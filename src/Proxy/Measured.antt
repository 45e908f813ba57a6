-- ===== src/Proxy/Measured.antt =====
-- The aleo client (attestor/chainService/chain/aleo) over attestor/proxy/main.go, when the relay is
-- measured. What the server sees of a request's url is a parameter: net/url escapes the braces of
-- the mapping's key.
use verulink.Base.{
  ℕ, ◌<◌, ◌^◌, ◌≡◌, refl, true, false, [], ◌∷◌, ◌++◌, Bytes, codes, eqb, Result, ok, ◌>>=◌, arith,
}
use verulink.Chain.BigInt.{ℤ, pos, itoa, emit, big_string}
use verulink.Aleo.Client.{Client, url, get_pkt_with_seq}
use verulink.Aleo.Parse.{construct_out_mapping_key}
use verulink.Aleo.Loop.{IsQuiet}
use verulink.Proxy.{Answer, handler, packet_text, model_packet, model_aleo_address, contains}
use verulink.Proxy.Laws.{Content, IsContent, printed}
use verulink.Proxy.RoundTrip.{decoded, get_pkt_with_seq-packet_text}
use verulink.Proxy.Served.{escaped_key, serve_http-escaped_key}

-- The bytes of the array that the proxy writes for an ethereum address.
abbrev pub model_array : Bytes
model_array =
    0 ∷ 0 ∷ 0 ∷ 0 ∷ 0 ∷ 0 ∷ 0 ∷ 0 ∷ 0 ∷ 0 ∷ 0 ∷ 0 ∷ 20 ∷ 119 ∷ 159 ∷ 153 ∷ 43 ∷ 47 ∷ 44 ∷ 66 ∷ 184
    ∷ 102 ∷ 15 ∷ 250 ∷ 66 ∷ 219 ∷ 203 ∷ 60 ∷ 124 ∷ 153 ∷ 48 ∷ 176 ∷ []

abbrev pub model_content : ℕ → Content
model_content seq_num = record {
  version = 0;
  sequence = seq_num;
  source_chain_id = pos 6694886634403;
  source_address = model_aleo_address;
  dest_chain_id = pos 28556963657430695;
  destination = model_array;
  sender = model_aleo_address;
  token = model_array;
  amount = 100;
  receiver = model_array;
  height = 105;
}

model_text :
    (seq_num : ℕ)
    → packet_text (model_packet (pos seq_num)) ≡ packet_text (printed (model_content seq_num))
unfolding itoa emit
model_text seq_num = refl

model_address-IsQuiet : IsQuiet model_aleo_address
unfolding eqb
model_address-IsQuiet = record {
  version = refl;
  sequence = refl;
  source = refl;
  destination = refl;
  message = refl;
  height = refl;
  chain_id = refl;
  addr = refl;
  token = refl;
  sender = refl;
  receiver = refl;
  amount = refl;
}

model_content-IsContent : (n : ℕ) → n < 2 ^ 63 → IsContent (model_content n)
model_content-IsContent n h = record {
  version = omega arith;
  sequence = omega arith;
  source_plain = refl;
  source_quiet = model_address-IsQuiet;
  destination = (omega arith, refl);
  sender_plain = refl;
  sender_quiet = model_address-IsQuiet;
  token = (omega arith, refl);
  receiver = (omega arith, refl);
  height = omega arith;
}

-- The client gets the body of the answer, whatever its status.
abbrev pub body_of : Result Answer → Result Bytes
body_of answered = do a ← answered; ok a.body

module _ (reverse_proxy : Bytes → Result Answer) (url_string : Bytes → Bytes) where
  abbrev pub measured : Bytes → Result Bytes
  measured request = body_of (handler true reverse_proxy (url_string request))

  -- When the relay is measured, the aleo client gets from the proxy, for every sequence number in the
  -- range of `int` and every chain that it asks for, the model packet with that sequence number. The
  -- server sees the braces of the mapping's key escaped, and its url is of no other kind.
  pub get_pkt_with_seq-measured :
      (bytes_to_address : Bytes → Bytes) (cl : Client) (dst : ℤ) (seq_num : ℕ) (s : Bytes)
      → seq_num < 2 ^ 63
      → url_string (
          url measured cl
          ++ codes "/program/"
          ++ cl.program_id
          ++ codes "/mapping/"
          ++ codes "out_packets"
          ++ codes "/"
          ++ construct_out_mapping_key (big_string dst) seq_num)
        ≡ s ++ b'/' ∷ escaped_key dst seq_num
      → eqb (s ++ b'/' ∷ escaped_key dst seq_num) (codes "/testnet/latest/height") ≡ false
      → contains (s ++ b'/' ∷ escaped_key dst seq_num) (codes "collector") ≡ false
      → get_pkt_with_seq measured cl bytes_to_address (big_string dst) seq_num
        ≡ ok (decoded bytes_to_address (model_content seq_num))
  get_pkt_with_seq-measured bytes_to_address cl dst seq_num s small escaped no_height no_collector =
      let answered : measured (
            url measured cl
            ++ codes "/program/"
            ++ cl.program_id
            ++ codes "/mapping/"
            ++ codes "out_packets"
            ++ codes "/"
            ++ construct_out_mapping_key (big_string dst) seq_num)
          ≡ ok (packet_text (printed (model_content seq_num))) =
        unfold handler in
        rw
          (
            escaped,
            serve_http-escaped_key s dst seq_num small no_height no_collector,
            ← model_text seq_num,
          )
          refl in
      get_pkt_with_seq-packet_text bytes_to_address (model_content seq_num)
        (model_content-IsContent seq_num small) measured cl (big_string dst) seq_num answered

☆ ☆ ☆ ☆ ☆

TASK DESCRIPTION: The lines to extract from the data above begin with the line containing "height = omega arith;" and end with the line containing "get_pkt_with_seq-measured bytes_to_address cl". Extract them exactly, including both.

ANSWER TO THE EXERCISE:
  height = omega arith;
}

-- The client gets the body of the answer, whatever its status.
abbrev pub body_of : Result Answer → Result Bytes
body_of answered = do a ← answered; ok a.body

module _ (reverse_proxy : Bytes → Result Answer) (url_string : Bytes → Bytes) where
  abbrev pub measured : Bytes → Result Bytes
  measured request = body_of (handler true reverse_proxy (url_string request))

  -- When the relay is measured, the aleo client gets from the proxy, for every sequence number in the
  -- range of `int` and every chain that it asks for, the model packet with that sequence number. The
  -- server sees the braces of the mapping's key escaped, and its url is of no other kind.
  pub get_pkt_with_seq-measured :
      (bytes_to_address : Bytes → Bytes) (cl : Client) (dst : ℤ) (seq_num : ℕ) (s : Bytes)
      → seq_num < 2 ^ 63
      → url_string (
          url measured cl
          ++ codes "/program/"
          ++ cl.program_id
          ++ codes "/mapping/"
          ++ codes "out_packets"
          ++ codes "/"
          ++ construct_out_mapping_key (big_string dst) seq_num)
        ≡ s ++ b'/' ∷ escaped_key dst seq_num
      → eqb (s ++ b'/' ∷ escaped_key dst seq_num) (codes "/testnet/latest/height") ≡ false
      → contains (s ++ b'/' ∷ escaped_key dst seq_num) (codes "collector") ≡ false
      → get_pkt_with_seq measured cl bytes_to_address (big_string dst) seq_num
        ≡ ok (decoded bytes_to_address (model_content seq_num))
  get_pkt_with_seq-measured bytes_to_address cl dst seq_num s small escaped no_height no_collector =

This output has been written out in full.